### What is required:
Word for word, restate the entries below from their first line through the line that contains "unfoldable pub create".

### Items listed in a dataset:
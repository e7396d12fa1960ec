-- ===== src/Effector/InMemory.antt =====
-- `_InMemoryWorktrees` of epiphany_executor/effector.py, the worktree manager that needs no git.
use Prim.Native.String.{◌++◌ as ◌+++◌}
use epiphany_executor.Prelude.{String, List, [], ◌∷◌, ◌++◌}

pub record InMemoryWorktrees : Type 0 where
  pub created : List String
  pub merged : List String
  pub discarded : List String

abbrev pub no_worktrees : InMemoryWorktrees
no_worktrees = record { created = []; merged = []; discarded = [] }

abbrev pub path_of : String → String
path_of step_id = "<worktree:" +++ step_id +++ ">"

unfoldable pub create : String → InMemoryWorktrees → String × InMemoryWorktrees
create step_id w = (path_of step_id, record w { created = w.created ++ path_of step_id ∷ [] })

unfoldable pub merge : String → InMemoryWorktrees → InMemoryWorktrees
merge worktree w = record w { merged = w.merged ++ worktree ∷ [] }

unfoldable pub discard : String → InMemoryWorktrees → InMemoryWorktrees
discard worktree w = record w { discarded = w.discarded ++ worktree ∷ [] }
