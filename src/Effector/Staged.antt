-- ===== src/Effector/Staged.antt =====
-- The results of epiphany_executor/effector.py at the barrier.
use mathlib.Core.Path.{subst}
use mathlib.Core.List.{append_assoc, append-nil}
use epiphany_executor.Prelude.{
  String, Bool, true, false, not, ◌&&◌, ◌||◌, ◌≡◌, refl, ◌∙◌, ap, Option, List, [], ◌∷◌, ◌++◌, ok,
  >>=-eq-ok, ok_inj, guard, assertion_error, Dict, insert, keys, elem, elem-append, any, ◌==◌,
  eq_iff, arith,
}
use epiphany_executor.Value.{Fields}
use epiphany_executor.Contract.{Contract}
use epiphany_executor.Scheduler.Cohort.{contract_at}
use epiphany_executor.Scheduler.Waves.{Wave, all_steps}
use epiphany_executor.Effector.{
  Answer, raised, returned, StepResult, WaveResult, values, any_committed, paths, worktrees,
  Runtime, foreground_result, background_result, result_of, attempt, Progress, run_one, run_all,
  dispatch_wave,
}

-- No text stands twice.
abbrev pub no_twice : List String → Bool
no_twice [] = true
no_twice (x ∷ xs) = not (elem x xs) && no_twice xs

abbrev pub some_committed : Dict StepResult → Bool
some_committed d = any (λ (s : StepResult). s.committed) (values d)

elem-paths-insert :
    (x k : String) (s : StepResult) (d : Dict StepResult)
    → elem x (paths (insert k s d)) ≡ true
    → (s.worktree == x || elem x (paths d)) ≡ true
elem-paths-insert x k s [] h = ground arith
elem-paths-insert x k s ((j, t) ∷ d) h = ground (arith, elem-paths-insert x k s d)

no_twice-paths-insert :
    (k : String) (s : StepResult) (d : Dict StepResult)
    → elem s.worktree (paths d) ≡ false
    → no_twice (paths d) ≡ true
    → no_twice (paths (insert k s d)) ≡ true
no_twice-paths-insert k s [] a h = refl
no_twice-paths-insert k s ((j, t) ∷ d) a h = ground (
  arith,
  no_twice-paths-insert k s d,
  elem-paths-insert t.worktree k s d,
  eq_iff t.worktree s.worktree,
  eq_iff s.worktree t.worktree,
)

some_committed-insert :
    (k : String) (s : StepResult) (d : Dict StepResult)
    → s.committed ≡ false
    → some_committed d ≡ false
    → some_committed (insert k s d) ≡ false
some_committed-insert k s [] c h = ground arith
some_committed-insert k s ((j, t) ∷ d) c h = ground (arith, some_committed-insert k s d)

elem-keys-insert :
    (k x : String) (s : StepResult) (d : Dict StepResult)
    → elem x (keys (insert k s d)) ≡ (k == x || elem x (keys d))
elem-keys-insert k x s [] = refl
elem-keys-insert k x s ((j, t) ∷ d) = ground (arith, elem-keys-insert k x s d, eq_iff j k)

result_of-staged :
    (sid wt : String) (kind : Answer Bool) (joined answer : Answer (Option Fields))
    → ((result_of sid wt kind joined answer).committed ≡ false)
      × ((result_of sid wt kind joined answer).worktree ≡ wt)
unfolding result_of foreground_result background_result
result_of-staged sid wt (raised message) joined answer = (refl, refl)
result_of-staged sid wt (returned true) (raised message) answer = (refl, refl)
result_of-staged sid wt (returned true) (returned a) answer = (refl, refl)
result_of-staged sid wt (returned false) joined (raised message) = (refl, refl)
result_of-staged sid wt (returned false) joined (returned a) = (refl, refl)

module _ {W : Type 0} (runtime : Runtime W) (contracts : Dict Contract) where
  -- What holds between two rounds, when the steps of `sids` were run.
  record Barrier (sids : List String) (p : Progress {W = W} runtime contracts) : Type 0 where
    none_committed : some_committed p.done ≡ false
    own_worktrees : no_twice (paths p.done) ≡ true
    seen : (x : String) → elem x (paths p.done) ≡ true → elem x p.seen_paths ≡ true
    collected : (s : String) → elem s (keys p.done) ≡ elem s sids

  run_one-Barrier :
      (sids : List String) (sid : String) (p q : Progress runtime contracts)
      → Barrier sids p
      → run_one runtime contracts sid p ≡ ok q
      → Barrier (sids ++ sid ∷ []) q
  unfolding run_one attempt
  run_one-Barrier sids sid p q b h =
      let (c, e, h1) = >>=-eq-ok (contract_at contracts sid) _ h in
      let made = runtime.create sid p.manager in
      let (u, fresh, h2) =
        >>=-eq-ok (guard (not (elem made.0 p.seen_paths)) assertion_error) _ h1 in
      let r = attempt runtime contracts p.started sid c made.0 in
      let (uncommitted, own) : (r.committed ≡ false) × (r.worktree ≡ made.0) =
        result_of-staged sid made.0 _ _ _ in
      let unseen : elem made.0 p.seen_paths ≡ false = ground arith in
      subst (Barrier (sids ++ sid ∷ [])) (ok_inj h2) (record {
        none_committed = some_committed-insert sid r p.done uncommitted b.none_committed;
        own_worktrees =
            no_twice-paths-insert sid r p.done (rw own (ground (arith, b.seen made.0)))
              b.own_worktrees;
        seen = λ x m. ground (arith, elem-paths-insert x sid r p.done m, own, b.seen x);
        collected = λ s.
            elem-keys-insert sid s r p.done
            ∙ ground (arith, b.collected s, elem-append s sids (sid ∷ []));
      })

  run_all-Barrier :
      (before sids : List String) (p q : Progress runtime contracts)
      → Barrier before p
      → run_all runtime contracts sids p ≡ ok q
      → Barrier (before ++ sids) q
  unfolding run_all
  run_all-Barrier before [] p q b h = rw (append-nil before) (subst (Barrier before) (ok_inj h) b)
  run_all-Barrier before (sid ∷ sids) p q b h =
      let (next, e, rest) = >>=-eq-ok (run_one runtime contracts sid p) _ h in
      subst (λ xs. Barrier xs q) (append_assoc before (sid ∷ []) sids)
        (run_all-Barrier (before ++ sid ∷ []) sids next q (run_one-Barrier before sid p next b e)
          rest)

-- When a wave is dispatched, whatever the injected functions do and whether they raise or not, no
-- result at the barrier is committed, no two results share a worktree, and exactly the steps of the
-- wave, of its cohort and of its serial residue, have a result.
pub dispatch_wave-Barrier :
    {W : Type 0} (runtime : Runtime W) (contracts : Dict Contract) (wave : Wave) (manager : W)
    (r : WaveResult) (after : W)
    → dispatch_wave runtime contracts wave manager ≡ ok (r, after)
    → (any_committed r ≡ false)
      × (no_twice (worktrees r) ≡ true)
      × ((s : String) → elem s (keys r.results) ≡ elem s (all_steps wave))
unfolding dispatch_wave any_committed
dispatch_wave-Barrier runtime contracts wave manager r after h =
    let start : Progress runtime contracts = record {
      started = 0;
      manager = manager;
      seen_paths = [];
      done = [];
    } in
    let (cohort, e, h1) = >>=-eq-ok (run_all runtime contracts wave.parallel start) _ h in
    let (p, f, h2) = >>=-eq-ok (run_all runtime contracts wave.serial cohort) _ h1 in
    let first =
      run_all-Barrier runtime contracts [] wave.parallel start cohort
        (record {
          none_committed = refl;
          own_worktrees = refl;
          seen = λ x m. cc;
          collected = λ s. refl;
        })
        e in
    let b = run_all-Barrier runtime contracts wave.parallel wave.serial cohort p first f in
    subst
      (λ (o : WaveResult).
        (any_committed o ≡ false)
        × (no_twice (worktrees o) ≡ true)
        × ((s : String) → elem s (keys o.results) ≡ elem s (all_steps wave)))
      (ap (λ (x : WaveResult × _). x.0) (ok_inj h2))
      (b.none_committed, b.own_worktrees, b.collected)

### Response to this exercise:
repository e7396d12fa1960ec
-- ===== src/Effector/InMemory.antt =====
-- `_InMemoryWorktrees` of epiphany_executor/effector.py, the worktree manager that needs no git.
use Prim.Native.String.{◌++◌ as ◌+++◌}
use epiphany_executor.Prelude.{String, List, [], ◌∷◌, ◌++◌}

pub record InMemoryWorktrees : Type 0 where
  pub created : List String
  pub merged : List String
  pub discarded : List String

abbrev pub no_worktrees : InMemoryWorktrees
no_worktrees = record { created = []; merged = []; discarded = [] }

abbrev pub path_of : String → String
path_of step_id = "<worktree:" +++ step_id +++ ">"

unfoldable pub create : String → InMemoryWorktrees → String × InMemoryWorktrees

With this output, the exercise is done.